I’ve achieved Cloud Formation Stack(s) representing the IaaC for the Step Function workflow logic, but also the IaaC for CI CD for the AWS AWS Lambda functions. So I’ve achieved a unified experience in developing, building, testing, deploying, monitoring, and securing the Serverless Applications.
Yes, monitoring and security is included (comes with AWS) and can be customized more, adding to the IaaC CF template as per my needs.
Do notice, that I had full control in the IAM when it comes to Roles and Permissions that need to be built in the solution developed.

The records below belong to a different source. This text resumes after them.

-- ===== src/ChallengeLists/Owned.antt =====
-- services/core/src/modules/content/list.routes.ts: who changes a list, and what else changes.
use devops_lab.Prelude.{
  ℕ, ◌≡◌, ◌≢◌, ◌⊎◌, refl, sym, Bool, true, false, inl, inr, Option, none, some, String, string_eq,
  nat_eq, ◌==◌, eq_of_beq, Bool-cases, Option-cases, arith, ap,
}
use devops_lab.Services.{Prisma, find_many-create, find_many-delete}
use devops_lab.ChallengeLists.{
  ChallengeList, ListItem, ListState, ListReply, is_list, is_item_of, is_item, for_owner, add_to,
  add_item, remove_from, remove_item, drop_list, delete_list,
}

-- A change of a list: an item added or removed, or the list deleted.
pub data Change : Type 0 where
  adding : Option ℕ → Bool → Change
  removing : ℕ → Bool → Change
  deleting : Bool → Change

module _ (P : Prisma) where
  unfoldable pub changed_by : Change → Option String → String → ListState P → ListState P
  unfolding add_item remove_item delete_list
  changed_by (adding c written) user list_id s = (add_item P user list_id c written s).0
  changed_by (removing c written) user list_id s = (remove_item P user list_id c written s).0
  changed_by (deleting written) user list_id s = (delete_list P user list_id written s).0

  -- The other lists and their items are as before.
  abbrev pub IsApart : String → ListState P → ListState P → Type 0
  IsApart list_id s s' =
      (x : String)
      → x ≢ list_id
      → (P.find_many (is_list x) s'.lists ≡ P.find_many (is_list x) s.lists)
        × (P.find_many (is_item_of x) s'.items ≡ P.find_many (is_item_of x) s.items)

  abbrev pub IsOwner : Option String → String → ListState P → Type 0
  IsOwner user list_id s =
      (l : ChallengeList) × (P.find_first (is_list list_id) s.lists ≡ some l)
      × (user ≡ some l.user_id)

  differs : (x o : String) → x ≢ o → (o == x) ≡ false
  differs x o ne = elim (Bool-cases (o == x)) [
    | inl e ↦ absurd (ne (sym (eq_of_beq o x e)))
    | inr e ↦ e
  ]

  -- A test of an identifier that is the list's misses the others.
  misses : (x o y : String) → x ≢ o → (y == o) ≡ true → (y == x) ≡ false
  misses x o y ne e = rw (eq_of_beq y o e) (differs x o ne)

  for_owner_lem :
      (user : Option String) (list_id : String) (s : ListState P)
      (handled : ListState P × ListReply)
      → IsApart list_id s handled.0
      → let s' = (for_owner P user list_id s handled).0 in
        (s' ≡ s) ⊎ (IsOwner user list_id s × IsApart list_id s s')
  for_owner_lem none list_id s handled h = inl refl
  for_owner_lem (some u) list_id s handled h =
      elim (Option-cases (P.find_first (is_list list_id) s.lists)) [
        | inl e ↦ inl (rw e refl)
        | inr (l, e) ↦ elim (Bool-cases (l.user_id == u)) [
          | inl own ↦ inr (rw (e, own) ((l, refl, sym (ap some (eq_of_beq l.user_id u own))), h))
          | inr other ↦ inl (rw (e, other) refl)
        ]
      ]

  add_to-IsApart :
      (list_id : String) (c : ℕ) (written : Bool) (s : ListState P)
      → IsApart list_id s (add_to P list_id c written s).0
  unfolding add_to
  add_to-IsApart list_id c written s x ne =
      let row : ListItem = record {
        list_id = list_id;
        challenge_id = c;
        order = P.count_rows (is_item_of list_id) s.items;
      } in
      ground (arith, find_many-create P (is_item_of x) row s.items (differs x list_id ne))

  remove_from-IsApart :
      (list_id : String) (c : ℕ) (written : Bool) (s : ListState P)
      → IsApart list_id s (remove_from P list_id c written s).0
  unfolding remove_from
  remove_from-IsApart list_id c written s x ne =
      let kept =
        find_many-delete P (is_item_of x) (is_item list_id c) s.items
          (λ r hit. misses x list_id r.list_id ne (ground (arith, hit))) in
      ground (arith, kept)

  drop_list-IsApart :
      (list_id : String) (written : Bool) (s : ListState P)
      → IsApart list_id s (drop_list P list_id written s).0
  unfolding drop_list
  drop_list-IsApart list_id written s x ne =
      let rows =
        find_many-delete P (is_list x) (is_list list_id) s.lists
          (λ r hit. misses x list_id r.id ne hit) in
      let items =
        find_many-delete P (is_item_of x) (is_item_of list_id) s.items
          (λ r hit. misses x list_id r.list_id ne hit) in
      ground (arith, rows, items)

  -- Adding an item to a list, removing one, and deleting the list change nothing, or the list
  -- exists and the caller is its owner, and every other list and its items stay as they were.
  pub changed_by-IsOwner :
      (c : Change) (user : Option String) (list_id : String) (s : ListState P)
      → let s' = changed_by c user list_id s in
        (s' ≡ s) ⊎ (IsOwner user list_id s × IsApart list_id s s')
  unfolding changed_by add_item remove_item delete_list
  changed_by-IsOwner (adding none written) none list_id s = inl refl
  changed_by-IsOwner (adding none written) (some u) list_id s = inl refl
  changed_by-IsOwner (adding (some c) written) none list_id s = inl refl
  changed_by-IsOwner (adding (some c) written) (some u) list_id s =
      for_owner_lem (some u) list_id s (add_to P list_id c written s)
        (add_to-IsApart list_id c written s)
  changed_by-IsOwner (removing c written) user list_id s =
      for_owner_lem user list_id s (remove_from P list_id c written s)
        (remove_from-IsApart list_id c written s)
  changed_by-IsOwner (deleting written) user list_id s =
      for_owner_lem user list_id s (drop_list P list_id written s)
        (drop_list-IsApart list_id written s)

You could still ask: “- How did you build the AWS CloudFormation stack(s) ?“
At least a few answers here:
- You could theoretically build those templates manually – but even for the not that complex scenario I presented here, this could be a real nightmare, I am sure there are some people so familiar with AWS Cloud Formation syntax that could write straight into the yaml (json) template, however, I am not one of those.
- Building your own framework around your preferred programming language would be the ideal solution. This may cost you some time spent in the beginning, but it will pay off on the long run. This would be my preferred solution because I would like to be in full control of all I am doing in IaaC, including the Security (Permissions and Roles) , and also have a programmatic logic approach in building the IaaC as template in AWS Cloud Formation.
- More than 1 years ago AWS launched such a framework that continues today as an open source project, mostly coordinated by AWS experts, named AWS CDK . While in my opinion it didn’t reach yet a strong maturity, it looks very promising, and maybe just before diving into building your own, you may like to consider investigating this one. And being open source, well, if you find some bugs or missing features, you can always go and fix it yourself and share it back with the community.
- Why wouldn’t you consider building all through Serverless Framework for example ? Or other frameworks ? Maybe you would like another kind of CI CD pipelines for your DEV or another type of Dashboards where to monitor your Serverless Apps ?
There is no one solution that fits all eventually, and I hope the info I’ve shared with you in this post will help you in selecting your best Solutions and Architectures for your own Serverless Applications challenges.